| Exercise goal |
What is needed is an exact copy of the data that follows.

| Extracted material |
━━━━━━━━━━━━━━━━
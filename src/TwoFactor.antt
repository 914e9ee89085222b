-- ===== src/TwoFactor.antt =====
-- Two-factor login: apps/api/src/auth/totp.ts and totp.service.ts.
pub mod Totp
pub mod Login
pub mod Enrollment
mod Tests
━━━━━━━━━━━━━━━━
| Exercise response |
filename src/TwoFactor.antt
repository 914e9ee89085222b
-- ===== src/TwoFactor.antt =====
-- Two-factor login: apps/api/src/auth/totp.ts and totp.service.ts.
pub mod Totp
pub mod Login
pub mod Enrollment
mod Tests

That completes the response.